[Data records]
[Start of section]

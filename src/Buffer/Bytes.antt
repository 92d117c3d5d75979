-- ===== src/Buffer/Bytes.antt =====
-- Blocks of bytes: what `memcpy` writes and reads, and what a prefix of a block shows of a write.
use Prim.Native.Nat.{max}
use tecc.Base.{
  ℕ, zero, suc, ◌+◌, ◌≤◌, ◌<◌, ◌≡◌, refl, ap, ◌∙◌, List, [], ◌∷◌, ◌++◌, arith, leb, le→leb,
  lt→not_leb, if◌then◌else◌, length, take, drop, take-nil, drop-nil,
}
use tecc.Base.Run.{Run, ok, fault}

-- The bytes `src` in place of those from `p` on.
unfoldable pub splice : List ℕ → ℕ → List ℕ → List ℕ
splice [] p src = []
splice (x ∷ xs) (suc p) src = x ∷ splice xs p src
splice (x ∷ xs) zero [] = x ∷ xs
splice (x ∷ xs) zero (y ∷ src) = y ∷ splice xs zero src

-- `memcpy(dst + p, src, length src)`, a fault outside the block.
unfoldable pub memcpy : List ℕ → ℕ → List ℕ → Run (List ℕ)
memcpy dst p src = if leb (p + length src) (length dst) then ok (splice dst p src) else fault

-- The bytes that `memcpy(_, src + p, n)` reads, a fault outside the block.
unfoldable pub peek : List ℕ → ℕ → ℕ → Run (List ℕ)
peek src p n = if leb (p + n) (length src) then ok (take n (drop p src)) else fault

pub memcpy_lem :
    (dst : List ℕ) (p : ℕ) (src : List ℕ)
    → p + length src ≤ length dst
    → memcpy dst p src ≡ ok (splice dst p src)
unfolding memcpy
memcpy_lem dst p src h = rw (le→leb _ _ h)

pub memcpy-fault :
    (dst : List ℕ) (p : ℕ) (src : List ℕ) → length dst < p + length src → memcpy dst p src ≡ fault
unfolding memcpy
memcpy-fault dst p src h = rw (lt→not_leb _ _ h)

pub peek_lem :
    (src : List ℕ) (p n : ℕ) → p + n ≤ length src → peek src p n ≡ ok (take n (drop p src))
unfolding peek
peek_lem src p n h = rw (le→leb _ _ h)

pub length-splice : (xs : List ℕ) (p : ℕ) (src : List ℕ) → length (splice xs p src) ≡ length xs
unfolding splice
length-splice [] p src = refl
length-splice (x ∷ xs) (suc p) src = ap suc (length-splice xs p src)
length-splice (x ∷ xs) zero [] = refl
length-splice (x ∷ xs) zero (y ∷ src) = ap suc (length-splice xs zero src)

-- The front of a block that is written from its start.
pub take-splice_front :
    (xs src : List ℕ) → length src ≤ length xs → take (length src) (splice xs 0 src) ≡ src
unfolding splice
take-splice_front xs [] h = refl
take-splice_front [] (y ∷ src) h = absurd (omega arith)
take-splice_front (x ∷ xs) (y ∷ src) h = ap (◌∷◌ y) (take-splice_front xs src (omega arith))

-- A prefix of `s` bytes, extended to hold what is written at `p`, is the prefix before `p`, the
-- bytes written, and what stood behind them.
pub take-splice :
    (xs : List ℕ) (p s : ℕ) (src : List ℕ) (e m : ℕ)
    → p ≤ s
    → s ≤ length xs
    → e ≤ length xs
    → e ≡ p + length src
    → m ≡ max s e
    → take m (splice xs p src) ≡ take p (take s xs) ++ (src ++ drop e (take s xs))
unfolding splice
take-splice [] p s [] e m hp hs he pe pm =
    let z : p ≡ 0 = omega arith in
    rw (take-nil {A = ℕ} m, take-nil {A = ℕ} s, drop-nil {A = ℕ} e, z)
take-splice [] p s (y ∷ src) e m hp hs he pe pm = absurd (omega arith)
take-splice (x ∷ xs) (suc p) zero src e m hp hs he pe pm = absurd (omega arith)
take-splice (x ∷ xs) (suc p) (suc s) src zero m hp hs he pe pm = absurd (omega arith)
take-splice (x ∷ xs) (suc p) (suc s) src (suc e) zero hp hs he pe pm = absurd (omega arith)
take-splice (x ∷ xs) (suc p) (suc s) src (suc e) (suc m) hp hs he pe pm = ap (◌∷◌ x) (
    take-splice xs p s src e m (omega arith) (omega arith) (omega arith) (omega arith)
      (omega arith))
take-splice (x ∷ xs) zero s [] zero m hp hs he pe pm = let same : m ≡ s = omega arith in rw same
take-splice (x ∷ xs) zero s [] (suc e) m hp hs he pe pm = absurd (omega arith)
take-splice (x ∷ xs) zero s (y ∷ src) zero m hp hs he pe pm = absurd (omega arith)
take-splice (x ∷ xs) zero s (y ∷ src) (suc e) zero hp hs he pe pm = absurd (omega arith)
take-splice (x ∷ xs) zero zero (y ∷ src) (suc e) (suc m) hp hs he pe pm = ap (◌∷◌ y) (
    take-splice xs 0 0 src e m (omega arith) (omega arith) (omega arith) (omega arith) (omega arith)
    ∙ rw drop-nil)
take-splice (x ∷ xs) zero (suc s) (y ∷ src) (suc e) (suc m) hp hs he pe pm = ap (◌∷◌ y) (
    take-splice xs 0 s src e m (omega arith) (omega arith) (omega arith) (omega arith)
      (omega arith))

-- Two writes one behind the other are one write.
pub splice-splice :
    (xs : List ℕ) (p q : ℕ) (ys zs : List ℕ)
    → q ≡ p + length ys
    → q ≤ length xs
    → splice (splice xs p ys) q zs ≡ splice xs p (ys ++ zs)
unfolding splice
splice-splice [] p q ys zs e h = refl
splice-splice (x ∷ xs) (suc p) zero ys zs e h = absurd (omega arith)
splice-splice (x ∷ xs) (suc p) (suc q) ys zs e h =
    ap (◌∷◌ x) (splice-splice xs p q ys zs (omega arith) (omega arith))
splice-splice (x ∷ xs) zero zero [] zs e h = refl
splice-splice (x ∷ xs) zero (suc q) [] zs e h = absurd (omega arith)
splice-splice (x ∷ xs) zero zero (y ∷ ys) zs e h = absurd (omega arith)
splice-splice (x ∷ xs) zero (suc q) (y ∷ ys) zs e h =
    ap (◌∷◌ y) (splice-splice xs 0 q ys zs (omega arith) (omega arith))

pub splice-nil : (xs : List ℕ) (p : ℕ) → splice xs p [] ≡ xs
unfolding splice
splice-nil [] p = refl
splice-nil (x ∷ xs) zero = refl
splice-nil (x ∷ xs) (suc p) = ap (◌∷◌ x) (splice-nil xs p)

[End of section]

▶ **What to work on**
Starting at the line that contains "take-splice xs 0 0" and stopping after the line that contains "-- Two writes", write out every line exactly as it appears above, and no other line.

▶ **Answer for the task**
    take-splice xs 0 0 src e m (omega arith) (omega arith) (omega arith) (omega arith) (omega arith)
    ∙ rw drop-nil)
take-splice (x ∷ xs) zero (suc s) (y ∷ src) (suc e) (suc m) hp hs he pe pm = ap (◌∷◌ y) (
    take-splice xs 0 s src e m (omega arith) (omega arith) (omega arith) (omega arith)
      (omega arith))

-- Two writes one behind the other are one write.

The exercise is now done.